*Action item*:
Quote exactly, and only, the lines of the material below from the line with "unfolding new_history_ring snapshot" through the line with "-- After any".

*Input data*:

-- ===== src/History/Retained.antt =====
-- The ring against the whole history: it retains the most recent entries, and its boundary is the
-- last entry that it has let go.
use native.Mathlib.Decide.{dec_lt}
use modelsrv.Prelude.{
  ℕ, zero, suc, ◌+◌, ◌-◌, ◌≤◌, ◌<◌, ◌≡◌, refl, ap, sym, ◌∙◌, List, [], ◌∷◌, ◌++◌, arith, length,
  length-append, drop, get_or, append-nil, append_assoc, ℤ, ltb, nat_beq, if◌then◌else◌, true,
  false, min,
}
use modelsrv.Event.{StoredEvent, zero_event}
use modelsrv.History.{HistoryRing, ring_limit, new_history_ring, add, snapshot, compaction_boundary}
use modelsrv.History.Ring.{
  IsValid, new_history_ring-IsValid, ring_limit_positive, add-IsValid, snapshot-add, add-full,
  add-room, get_or-snapshot, overwritten, extended, length-snapshot,
}

module _ {ℓ} {O : Type ℓ} where
  -- The entries of a history, added in order.
  unfoldable pub add_all : HistoryRing O → List (StoredEvent O) → HistoryRing O
  add_all r [] = r
  add_all r (ev ∷ evs) = add_all (add r ev) evs

  -- The last k entries of a history, and the entry before them.
  abbrev pub recent : ℕ → List (StoredEvent O) → List (StoredEvent O)
  recent k h = drop (length h - k) h

  abbrev pub boundary : ℕ → List (StoredEvent O) → ℕ × ℕ
  boundary k h =
      let e = get_or h (length h - k - 1) zero_event in
      if ltb k (length h) then (e.sequence_id, e.timestamp) else (0, 0)

  drop-append :
      (n : ℕ) (xs ys : List (StoredEvent O)) → n ≤ length xs → drop n (xs ++ ys) ≡ drop n xs ++ ys
  drop-append zero xs ys h = refl
  drop-append (suc n) [] ys h = absurd (omega arith)
  drop-append (suc n) (x ∷ xs) ys h = drop-append n xs ys (omega arith)

  get_or-append :
      (n : ℕ) (xs ys : List (StoredEvent O))
      → n < length xs
      → get_or (xs ++ ys) n zero_event ≡ get_or xs n zero_event
  get_or-append n [] ys h = absurd (omega arith)
  get_or-append zero (x ∷ xs) ys h = refl
  get_or-append (suc n) (x ∷ xs) ys h = get_or-append n xs ys (omega arith)

  get_or-drop :
      (n : ℕ) (xs : List (StoredEvent O)) → get_or (drop n xs) 0 zero_event ≡ get_or xs n zero_event
  get_or-drop zero [] = refl
  get_or-drop zero (x ∷ xs) = refl
  get_or-drop (suc n) [] = refl
  get_or-drop (suc n) (x ∷ xs) = get_or-drop n xs

  drop-drop_one : (n : ℕ) (xs : List (StoredEvent O)) → drop 1 (drop n xs) ≡ drop (suc n) xs
  drop-drop_one zero xs = refl
  drop-drop_one (suc n) [] = refl
  drop-drop_one (suc n) (x ∷ xs) = drop-drop_one n xs

  -- The ring stands for the history h.
  pub record Retains (k : ℕ) (r : HistoryRing O) (h : List (StoredEvent O)) : Type ℓ where
    pub valid : IsValid r
    pub limit_is : r.limit ≡ k
    pub tail_is : snapshot r ≡ recent k h
    pub size_is : r.size ≡ min (length h) k
    pub boundary_is : compaction_boundary r ≡ boundary k h

  recent-snoc_room :
      (k : ℕ) (h : List (StoredEvent O)) (ev : StoredEvent O)
      → length h < k
      → recent k (h ++ (ev ∷ [])) ≡ recent k h ++ (ev ∷ [])
  recent-snoc_room k h ev l = rw (length-append h (ev ∷ [])) (
      let e : length h + 1 - k ≡ 0 = omega arith in
      let e' : length h - k ≡ 0 = omega arith in rw (e, e'))

  recent-snoc_full :
      (k : ℕ) (h : List (StoredEvent O)) (ev : StoredEvent O)
      → 0 < k
      → k ≤ length h
      → recent k (h ++ (ev ∷ [])) ≡ drop 1 (recent k h) ++ (ev ∷ [])
  recent-snoc_full k h ev p l = rw (length-append h (ev ∷ [])) (
      let e : length h + 1 - k ≡ suc (length h - k) = omega arith in
      rw (e, drop-drop_one, drop-append (suc (length h - k)) h (ev ∷ []) (omega arith)))

  boundary-snoc_room :
      (k : ℕ) (h : List (StoredEvent O)) (ev : StoredEvent O)
      → length h < k
      → boundary k (h ++ (ev ∷ [])) ≡ boundary k h
  boundary-snoc_room k h ev l =
      let n : ltb k (length (h ++ (ev ∷ []))) ≡ false = ground (arith, length-append h (ev ∷ [])) in
      let n' : ltb k (length h) ≡ false = ground arith in rw (n, n')

  boundary-snoc_full :
      (k : ℕ) (h : List (StoredEvent O)) (ev : StoredEvent O)
      → 0 < k
      → k ≤ length h
      → let e = get_or (recent k h) 0 zero_event in
        boundary k (h ++ (ev ∷ [])) ≡ (e.sequence_id, e.timestamp)
  boundary-snoc_full k h ev p l =
      let n : ltb k (length (h ++ (ev ∷ []))) ≡ true = ground (arith, length-append h (ev ∷ [])) in
      let i : length (h ++ (ev ∷ [])) - k - 1 ≡ length h - k =
        omega (arith, length-append h (ev ∷ [])) in
      let g : get_or (h ++ (ev ∷ [])) (length h - k) zero_event ≡ get_or (recent k h) 0 zero_event =
        get_or-append (length h - k) h (ev ∷ []) (omega arith)
        ∙ sym (get_or-drop (length h - k) h) in
      rw (n, i, g)

  Retains-add_room :
      (k : ℕ) (r : HistoryRing O) (h : List (StoredEvent O)) (ev : StoredEvent O)
      → Retains k r h
      → r.size < r.limit
      → Retains k (add r ev) (h ++ (ev ∷ []))
  unfolding extended compaction_boundary
  Retains-add_room k r h ev c l =
      let s = snapshot-add r ev c.valid in
      let n : nat_beq r.size r.limit ≡ false = ground arith in
      let short : length h < k = ground (arith, c.limit_is, c.size_is) in
      record {
        valid = add-IsValid r ev c.valid;
        limit_is = rw (add-room r ev l) c.limit_is;
        tail_is = s ∙ rw (n, c.tail_is) (sym (recent-snoc_room k h ev short));
        size_is = rw (add-room r ev l) (omega (arith, c.size_is, length-append h (ev ∷ [])));
        boundary_is = rw (add-room r ev l) (c.boundary_is ∙ sym (boundary-snoc_room k h ev short));
      }

  Retains-add_full :
      (k : ℕ) (r : HistoryRing O) (h : List (StoredEvent O)) (ev : StoredEvent O)
      → Retains k r h
      → r.size ≡ r.limit
      → Retains k (add r ev) (h ++ (ev ∷ []))
  unfolding overwritten compaction_boundary
  Retains-add_full k r h ev c l =
      let s = snapshot-add r ev c.valid in
      let n : nat_beq r.size r.limit ≡ true = ground arith in
      let long : k ≤ length h = ground (arith, c.limit_is, c.size_is) in
      let p : 0 < k = omega (arith, c.limit_is, c.valid.next_in) in
      record {
        valid = add-IsValid r ev c.valid;
        limit_is = rw (add-full r ev l) c.limit_is;
        tail_is = s ∙ rw (n, c.tail_is) (sym (recent-snoc_full k h ev p long));
        size_is = rw (add-full r ev l) (omega (arith, c.size_is, length-append h (ev ∷ [])));
        boundary_is = rw (add-full r ev l) (
            ap (λ (e : StoredEvent O). (e.sequence_id, e.timestamp))
              (sym (get_or-snapshot r c.valid l) ∙ ap (λ xs. get_or xs 0 zero_event) c.tail_is)
            ∙ sym (boundary-snoc_full k h ev p long));
      }

  -- One Add on a ring that stands for h leaves one that stands for h and then the entry.
  pub Retains-add :
      (k : ℕ) (r : HistoryRing O) (h : List (StoredEvent O)) (ev : StoredEvent O)
      → Retains k r h
      → Retains k (add r ev) (h ++ (ev ∷ []))
  Retains-add k r h ev c = elim (dec_lt r.size r.limit) [
    | yes l ↦ Retains-add_room k r h ev c l
    | no n ↦ Retains-add_full k r h ev c (omega (arith, c.valid.size_in))
  ]

  pub new_history_ring-Retains : (n : ℤ) → Retains (ring_limit n) (new_history_ring n) []
  unfolding new_history_ring snapshot compaction_boundary
  new_history_ring-Retains n =
      let p = ring_limit_positive n in
      let t : ltb 0 (ring_limit n) ≡ true = ground arith in
      let f : ltb (ring_limit n) 0 ≡ false = ground arith in
      let z : 0 - ring_limit n ≡ 0 = omega arith in
      record {
        valid = new_history_ring-IsValid n;
        limit_is = refl;
        tail_is = rw (t, z);
        size_is = omega arith;
        boundary_is = rw f;
      }

  add_all-Retains :
      (k : ℕ) (r : HistoryRing O) (h evs : List (StoredEvent O))
      → Retains k r h
      → Retains k (add_all r evs) (h ++ evs)
  unfolding add_all
  add_all-Retains k r h [] c = rw (append-nil) c
  add_all-Retains k r h (ev ∷ evs) c =
      rw (append_assoc h (ev ∷ []) evs) at
        (add_all-Retains k (add r ev) (h ++ (ev ∷ [])) evs (Retains-add k r h ev c))

  -- After any history, a new ring's Snapshot is the last `limit` entries in order, or all of them if
  -- there are no more than that; and its boundary is the number and time of the newest entry that
  -- was let go, or zeros.
  pub snapshot-add_all :
      (n : ℤ) (evs : List (StoredEvent O))
      → let r = add_all (new_history_ring n) evs in
        (snapshot r ≡ recent (ring_limit n) evs)
        × (compaction_boundary r ≡ boundary (ring_limit n) evs)
        × (length (snapshot r) ≤ ring_limit n)
  snapshot-add_all n evs =
      let c =
        add_all-Retains (ring_limit n) (new_history_ring n) [] evs (new_history_ring-Retains n) in
      (c.tail_is, c.boundary_is, omega (arith, length-snapshot _ c.valid, c.size_is))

*Written answer*:
  unfolding new_history_ring snapshot compaction_boundary
  new_history_ring-Retains n =
      let p = ring_limit_positive n in
      let t : ltb 0 (ring_limit n) ≡ true = ground arith in
      let f : ltb (ring_limit n) 0 ≡ false = ground arith in
      let z : 0 - ring_limit n ≡ 0 = omega arith in
      record {
        valid = new_history_ring-IsValid n;
        limit_is = refl;
        tail_is = rw (t, z);
        size_is = omega arith;
        boundary_is = rw f;
      }

  add_all-Retains :
      (k : ℕ) (r : HistoryRing O) (h evs : List (StoredEvent O))
      → Retains k r h
      → Retains k (add_all r evs) (h ++ evs)
  unfolding add_all
  add_all-Retains k r h [] c = rw (append-nil) c
  add_all-Retains k r h (ev ∷ evs) c =
      rw (append_assoc h (ev ∷ []) evs) at
        (add_all-Retains k (add r ev) (h ++ (ev ∷ [])) evs (Retains-add k r h ev c))

  -- After any history, a new ring's Snapshot is the last `limit` entries in order, or all of them if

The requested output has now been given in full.